I agree with Scottie... Even with forged internals, detonation is detonation and can still destroy a motor very rapidly in a turbo charged car. What PSI it takes to get detonation on a ZXT motor depends on what you're using from fuel control... 10psi is about the limit on stock EFI (many say even that is pushing it... indeed I run 10psi w/o an I/C and on the dyno I was running lean above 5000rpm at 13:1... pretty much the ragged edge of safety).
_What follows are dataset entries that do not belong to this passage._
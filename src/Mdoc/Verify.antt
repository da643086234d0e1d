-- ===== src/Mdoc/Verify.antt =====
-- internal/mdocverify/verify.go: the checks of a DeviceResponse.
use fikua_lab_idp.Prelude.{
  ℕ, ◌*◌, ◌+◌, ◌-◌, String, Bool, true, false, not, ◌&&◌, ◌||◌, Option, none, some, List, [], ◌∷◌,
  ltb, nat_eq, ◌/=◌, is_empty, ◌<>◌, minute,
}
use fikua_lab_idp.Texts.{trim_right}
use fikua_lab_idp.Assoc.{Assoc, get}
use fikua_lab_idp.Action.{Result, ok, err}
use fikua_lab_idp.Fallible.{◌>>=◌, ◌>>◌, or_fail, reject_if, wrapped}
use fikua_lab_idp.Mdoc.Cbor.{
  ℤ, pos, negsuc, Value, null, text, date, tag, to_int64, same_int, text_of, as_bytes, as_array,
  as_text_map, as_any_map, at_int,
}
use fikua_lab_idp.Mdoc.Cose.{
  Library, verify_cose_sign1_attached, verify_cose_sign1_detached, cose_cert_chain,
  decode_cose_sign1,
}
use fikua_lab_idp.Mdoc.Chain.{validate_cert_chain}
use fikua_lab_idp.Mdoc.Digests.{required, verify_digests_and_collect_claims}
use fikua_lab_idp.Mdoc.Transcript.{
  tag_encoded_cbor, open_id4vp_handover, device_authentication_bytes,
}

abbrev pub validity_skew : ℕ
validity_skew = 5 * minute

-- The status is missing, or the integer 0.
abbrev pub status_ok : Option Value → Bool
status_ok none = true
status_ok (some status) = elim (to_int64 status) [ none ↦ false | some n ↦ same_int n (pos 0) ]

abbrev first : List Value → Option Value
first [] = none
first (v ∷ rest) = some v

abbrev documents_of : Option (List Value) → Option Value
documents_of none = none
documents_of (some values) = first values

abbrev untagged : Value → Value
untagged (tag n content) = content
untagged v = v

module _ {Cert EcKey : Type 0} (lib : Library Cert EcKey) where
  abbrev status_text : Option Value → String
  status_text none = ""
  status_text (some status) = lib.print_value status

  unfoldable pub parse_single_document : String → Result String (Assoc Value)
  parse_single_document vp_token = do
    raw ←
        wrapped "vp_token is not valid base64url: "
          (lib.decode_base64_url (trim_right "=" vp_token))
    response ← wrapped "malformed DeviceResponse CBOR: " (lib.unmarshal_map raw)
    reject_if (text_of (get "version" response) /= "1.0")
        ("unsupported DeviceResponse version: " <> lib.quote (text_of (get "version" response)))
    reject_if (not (status_ok (get "status" response)))
        ("DeviceResponse status is not OK: " <> status_text (get "status" response))
    document ←
        or_fail (documents_of (as_array (get "documents" response)))
          "DeviceResponse has no documents"
    or_fail (as_text_map document) "DeviceResponse document is not a CBOR map"

  abbrev pub leaf_key : List Cert → Result String EcKey
  leaf_key [] = err "issuerAuth has no x5chain certificate"
  leaf_key (leaf ∷ rest) = elim (lib.ec_key leaf) [
    | ok key ↦ ok key
    | err kind ↦ err ("issuer certificate public key is " <> kind <> ", not EC")
  ]

  abbrev pub mso_bytes : ℕ × Value → Result String String
  mso_bytes (number, content) = do
    reject_if (not (nat_eq number tag_encoded_cbor))
        ("MSO payload is tag " <> lib.decimal number <> ", not 24 (MobileSecurityObjectBytes)")
    or_fail (as_bytes content) "MSO payload tag 24 content is not a byte string"

  unfoldable pub verify_issuer_auth_and_extract_mso :
      ℕ → Assoc Value → Option Cert → Result String (Assoc Value)
  verify_issuer_auth_and_extract_mso now issuer_signed trust_anchor = do
    raw_issuer_auth ← or_fail (get "issuerAuth" issuer_signed) "issuerSigned missing issuerAuth"
    sign1 ← wrapped "malformed issuerAuth: " (decode_cose_sign1 lib raw_issuer_auth)
    chain ← wrapped "issuerAuth x5chain unreadable: " (cose_cert_chain lib sign1)
    issuer_key ← leaf_key chain
    payload ←
        wrapped "issuerAuth signature is invalid: "
          (verify_cose_sign1_attached lib sign1 issuer_key)
    wrapped "issuer certificate chain invalid: " (validate_cert_chain lib now trust_anchor chain)
    tagged ← wrapped "MSO payload is not a tagged CBOR item: " (lib.unmarshal_tag payload)
    inner ← mso_bytes tagged
    wrapped "malformed MobileSecurityObject: " (lib.unmarshal_map inner)

  unfoldable pub verify_mso_meta : Assoc Value → Result String (Unit {0})
  verify_mso_meta mso = do
    reject_if (text_of (get "version" mso) /= "1.0")
        ("unsupported MSO version: " <> lib.quote (text_of (get "version" mso)))
    reject_if (text_of (get "digestAlgorithm" mso) /= "SHA-256")
        ("unsupported MSO digestAlgorithm: " <> lib.quote (text_of (get "digestAlgorithm" mso)))

  unfoldable pub verify_doc_type : String → Assoc Value → String → Result String (Unit {0})
  verify_doc_type doc_type mso expected_doc_type = do
    reject_if (is_empty doc_type || doc_type /= text_of (get "docType" mso)) (
        "Document docType "
        <> lib.quote doc_type
        <> " does not match MSO docType "
        <> lib.quote (text_of (get "docType" mso)))
    reject_if (expected_doc_type /= "" && expected_doc_type /= doc_type) (
        "docType "
        <> lib.quote doc_type
        <> " does not match requested "
        <> lib.quote expected_doc_type)

  -- A date; 0, the zero time, where there is none.
  unfoldable pub parse_tdate : Option Value → Result String ℕ
  parse_tdate none = ok 0
  parse_tdate (some null) = ok 0
  parse_tdate (some value) = elim (untagged value) [
    | text s ↦ wrapped "invalid validityInfo date: " (lib.parse_time s)
    | date t ↦ ok t
    | v ↦ err ("invalid validityInfo date type " <> lib.type_name v)
  ]

  unfoldable pub verify_validity : ℕ → Assoc Value → Result String (Unit {0})
  unfolding parse_tdate
  verify_validity now mso = do
    validity ← required lib mso "validityInfo" "MSO missing validityInfo"
    valid_from ← parse_tdate (get "validFrom" validity)
    valid_until ← parse_tdate (get "validUntil" validity)
    reject_if (not (nat_eq valid_from 0) && ltb (now + validity_skew) valid_from)
        ("credential is not yet valid (validFrom " <> lib.format_time valid_from <> ")")
    reject_if (not (nat_eq valid_until 0) && ltb valid_until (now - validity_skew))
        ("credential is expired (validUntil " <> lib.format_time valid_until <> ")")

  abbrev coordinate : List (Value × Value) → ℤ → Option String
  coordinate cose_key label = elim (at_int label cose_key) [ none ↦ none | some v ↦ as_bytes v ]

  unfoldable pub device_key_from_mso : Assoc Value → Result String EcKey
  device_key_from_mso mso = do
    device_key_info ← required lib mso "deviceKeyInfo" "MSO missing deviceKeyInfo"
    cose_key ←
        or_fail (as_any_map (get "deviceKey" device_key_info)) "deviceKeyInfo missing deviceKey"
    x ← or_fail (coordinate cose_key (negsuc 1)) "deviceKey is missing its x or y coordinate"
    y ← or_fail (coordinate cose_key (negsuc 2)) "deviceKey is missing its x or y coordinate"
    ok (lib.p256_point x y)

  abbrev no_signature : Option Value → String
  no_signature none = "deviceAuth missing deviceSignature"
  no_signature (some mac) = "deviceMac is not supported; deviceSignature required"

  unfoldable pub verify_device_signature :
      Assoc Value
      → Assoc Value
      → String
      → String
      → String
      → Option String
      → String
      → Result String (Unit {0})
  unfolding device_key_from_mso
  verify_device_signature device_signed mso doc_type client_id nonce thumbprint response_uri = do
    device_auth ← required lib device_signed "deviceAuth" "deviceSigned missing deviceAuth"
    raw_signature ←
        or_fail (get "deviceSignature" device_auth) (no_signature (get "deviceMac" device_auth))
    sign1 ← wrapped "malformed deviceSignature: " (decode_cose_sign1 lib raw_signature)
    device_key ← device_key_from_mso mso
    raw_name_spaces ← or_fail (get "nameSpaces" device_signed) "deviceSigned missing nameSpaces"
    device_name_spaces ←
        wrapped "re-encoding deviceSigned nameSpaces: " (lib.marshal raw_name_spaces)
    session_transcript ← open_id4vp_handover lib client_id nonce thumbprint response_uri
    device_auth_bytes ←
        device_authentication_bytes lib session_transcript doc_type device_name_spaces
    wrapped "deviceSignature does not verify against the reconstructed SessionTranscript: "
        (verify_cose_sign1_detached lib sign1 device_auth_bytes device_key)

  unfoldable pub verify :
      ℕ
      → String
      → String
      → String
      → String
      → Option String
      → String
      → Option Cert
      → Result String (Assoc Value)
  unfolding parse_single_document verify_issuer_auth_and_extract_mso verify_mso_meta verify_doc_type
      verify_digests_and_collect_claims verify_validity verify_device_signature
  verify now vp_token expected_doc_type client_id nonce thumbprint response_uri trust_anchor = do
    document ← parse_single_document vp_token
    issuer_signed ← required lib document "issuerSigned" "Document missing issuerSigned"
    device_signed ← required lib document "deviceSigned" "Document missing deviceSigned"
    mso ← verify_issuer_auth_and_extract_mso now issuer_signed trust_anchor
    verify_mso_meta mso
    verify_doc_type (text_of (get "docType" document)) mso expected_doc_type
    claims ← verify_digests_and_collect_claims lib issuer_signed mso
    verify_validity now mso
    verify_device_signature device_signed mso (text_of (get "docType" document)) client_id nonce
        thumbprint response_uri
    ok claims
But even with programmable EFI pushing plenty of fuel and pulling lots of timing out on top, I wouldn't think you could push more than 12 or maybe 15psi tops on pump gas w/o an I/C. If you were running that kind of boost, non intercooled, out of the stock T3 turbo, you're going to be running horribly inneficiently, the turbo blowing super hot air, so even if you could get enough fuel and timing retard to make it safe, you wouldn't be making good power from it.

 

But I too have to wonder... why would you even bother with this or where did you get the idea to go that route first? The stock L28et bottom end is stout and reliable and can make lots of power, most agree up to about 350hp at the wheels reliably. To get there you would need a good I/C, plenty of fuel (bigger injectors, upgraded fuel pump, most likely some programmable EFI) and a better turbo, a T3/04... you should be spending your money on those things instead of putting big bucks into expensive forged parts. With a good I/C and enough fuel, detonation should not be an issue, even up into the big boost numbers, 18-20psi not being too uncommon, hence you just wouldn't need forged internals unless you were going for BIG power, 400+hp, and by that point it would be just plain silly to be running w/o an I/C anyways.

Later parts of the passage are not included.